EXERCISE GOAL:
Copy nothing from the entries below except the lines from the one containing "unfolding sync_loop" through the one containing "chunk_loop-Done (suc (length", and copy those exactly.

INPUT DATA:
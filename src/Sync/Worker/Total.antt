-- ===== src/Sync/Worker/Total.antt =====
-- The loops over the chunks end, and account for every job.
use bisakerja_scraper.Prelude.{
  ℕ, zero, suc, ◌+◌, ◌-◌, ◌≤◌, ◌<◌, ◌≡◌, refl, Option, some, true, false, List, arith, length, take,
  drop, min, max, length-take, length-drop, Bool-cases, inl, inr, ◌==◌, ltb,
}
use bisakerja_scraper.Models.{NormalizedJob}
use bisakerja_scraper.Sync.Events.{Events}
use bisakerja_scraper.Sync.Worker.{
  Outside, Settings, Progress, ChunkSyncResult, nth_chunk, after_chunk, retries_smaller, next_size,
  judge_chunk, reduced, counted_failure, chunk_loop, sync_loop,
}
use bisakerja_scraper.Sync.Worker.Chunk.{sync_chunk-counts}

-- The inner loop ended: it handled `count` of its `size` jobs, and counted each of them.
pub record Done (p : Progress) (size : ℕ) (result : Option (ℕ × Progress)) : Type 0 where
  count : ℕ
  last : Progress
  returns : result ≡ some (count, last)
  positive : 0 < count
  within : count ≤ size
  balance : last.sent + last.failed ≡ p.sent + p.failed + count
  size_positive : 0 < last.chunk_size

module _ (out : Outside) (s : Settings) (positive : 0 < s.min_batch_size) where
  smaller_size :
      (r : ChunkSyncResult) (size : ℕ)
      → retries_smaller s r size ≡ true
      → (0 < next_size s size) × (next_size s size < size) × (r.sent ≡ 0)
  unfolding retries_smaller next_size
  smaller_size r size h = ground arith

  smaller_min :
      (r : ChunkSyncResult) (size : ℕ) → retries_smaller s r size ≡ true → s.min_batch_size < size
  unfolding retries_smaller
  smaller_min r size h = ground arith

  judge_chunk-Done :
      (fuel : ℕ) (jobs : List NormalizedJob) (p q : Progress) (r : ChunkSyncResult)
      → length jobs ≤ fuel
      → 0 < length jobs
      → 0 < q.chunk_size
      → r.sent + r.failed ≡ length jobs
      → q.sent + q.failed ≡ p.sent + p.failed
      → ((fewer : List NormalizedJob) (next : Progress)
          → length fewer < fuel
          → 0 < length fewer
          → 0 < next.chunk_size
          → Done next (length fewer) (chunk_loop out s fuel fewer next))
      → Done p (length jobs) (judge_chunk s (chunk_loop out s fuel) jobs r q)
  judge_chunk-Done fuel jobs p q r room some_jobs sized counts same ih =
      elim (Bool-cases (retries_smaller s r (length jobs))) [
        | inl again ↦
            let (pos, less, nothing) = smaller_size r (length jobs) again in
            let smaller = max (next_size s (length jobs)) s.min_batch_size in
            let shorter : (next_size s (length jobs) == length jobs) ≡ false = ground arith in
            let bound : smaller < length jobs = omega (arith, smaller_min r (length jobs) again) in
            let size : length (take smaller jobs) ≡ smaller =
              omega (arith, length-take smaller jobs) in
            let d =
              ih (take smaller jobs) (reduced smaller q) (omega arith) (omega arith)
                (omega arith) in
            record {
              count = d.count;
              last = d.last;
              returns = rw (again, shorter) d.returns;
              positive = d.positive;
              within = omega (arith, d.within);
              balance = omega (arith, d.balance, same);
              size_positive = d.size_positive;
            }
        | inr last ↦ record {
          count = length jobs;
          last = counted_failure r q;
          returns = rw last;
          positive = some_jobs;
          within = omega arith;
          balance = omega (arith, counts, same);
          size_positive = sized;
        }
      ]

  chunk_loop-Done :
      (fuel : ℕ) (jobs : List NormalizedJob) (p : Progress)
      → length jobs < fuel
      → 0 < length jobs
      → 0 < p.chunk_size
      → Done p (length jobs) (chunk_loop out s fuel jobs p)
  unfolding chunk_loop
  chunk_loop-Done zero jobs p room some_jobs sized = elim room [ ]
  chunk_loop-Done (suc fuel) jobs p room some_jobs sized =
      let attempt = nth_chunk out s (p.chunk_index + 1) jobs p.events in
      judge_chunk-Done fuel jobs p (after_chunk out p attempt) attempt.0 (omega arith) some_jobs
        sized
        (sync_chunk-counts out s.max_attempts s.scrape_run_id _ (p.chunk_index + 1) jobs p.events)
        refl (chunk_loop-Done fuel)

  -- The outer loop ends with every job counted, if the jobs before the cursor are.
  pub sync_loop-balance :
      (jobs : List NormalizedJob) (fuel cursor : ℕ) (p : Progress)
      → length jobs - cursor < fuel
      → cursor ≤ length jobs
      → 0 < p.chunk_size
      → p.sent + p.failed ≡ cursor
      → (last : Progress) × (sync_loop out s jobs fuel cursor p ≡ some last)
        × (last.sent + last.failed ≡ length jobs)
  unfolding sync_loop
  sync_loop-balance jobs zero cursor p room within sized same = elim room [ ]
  sync_loop-balance jobs (suc fuel) cursor p room within sized same =
      elim (Bool-cases (ltb cursor (length jobs))) [
        | inl more ↦
            let current = min p.chunk_size (length jobs - cursor) in
            let size : length (take current (drop cursor jobs)) ≡ current =
              omega (arith, length-take current (drop cursor jobs), length-drop cursor jobs) in
            let less : cursor < length jobs = ground arith in
            let d =
              chunk_loop-Done (suc (length jobs)) (take current (drop cursor jobs)) p (omega arith)
                (omega arith) sized in
            let next =
              sync_loop-balance jobs fuel (cursor + d.count) d.last
                (omega (arith, d.positive, d.within)) (omega (arith, d.within)) d.size_positive
                (omega (arith, d.balance)) in
            (next.0, rw (more, d.returns) (next.1), next.2)
        | inr done ↦ (p, rw done, (ground arith))
      ]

RESPONSE BELOW:
  unfolding sync_loop
  sync_loop-balance jobs zero cursor p room within sized same = elim room [ ]
  sync_loop-balance jobs (suc fuel) cursor p room within sized same =
      elim (Bool-cases (ltb cursor (length jobs))) [
        | inl more ↦
            let current = min p.chunk_size (length jobs - cursor) in
            let size : length (take current (drop cursor jobs)) ≡ current =
              omega (arith, length-take current (drop cursor jobs), length-drop cursor jobs) in
            let less : cursor < length jobs = ground arith in
            let d =
              chunk_loop-Done (suc (length jobs)) (take current (drop cursor jobs)) p (omega arith)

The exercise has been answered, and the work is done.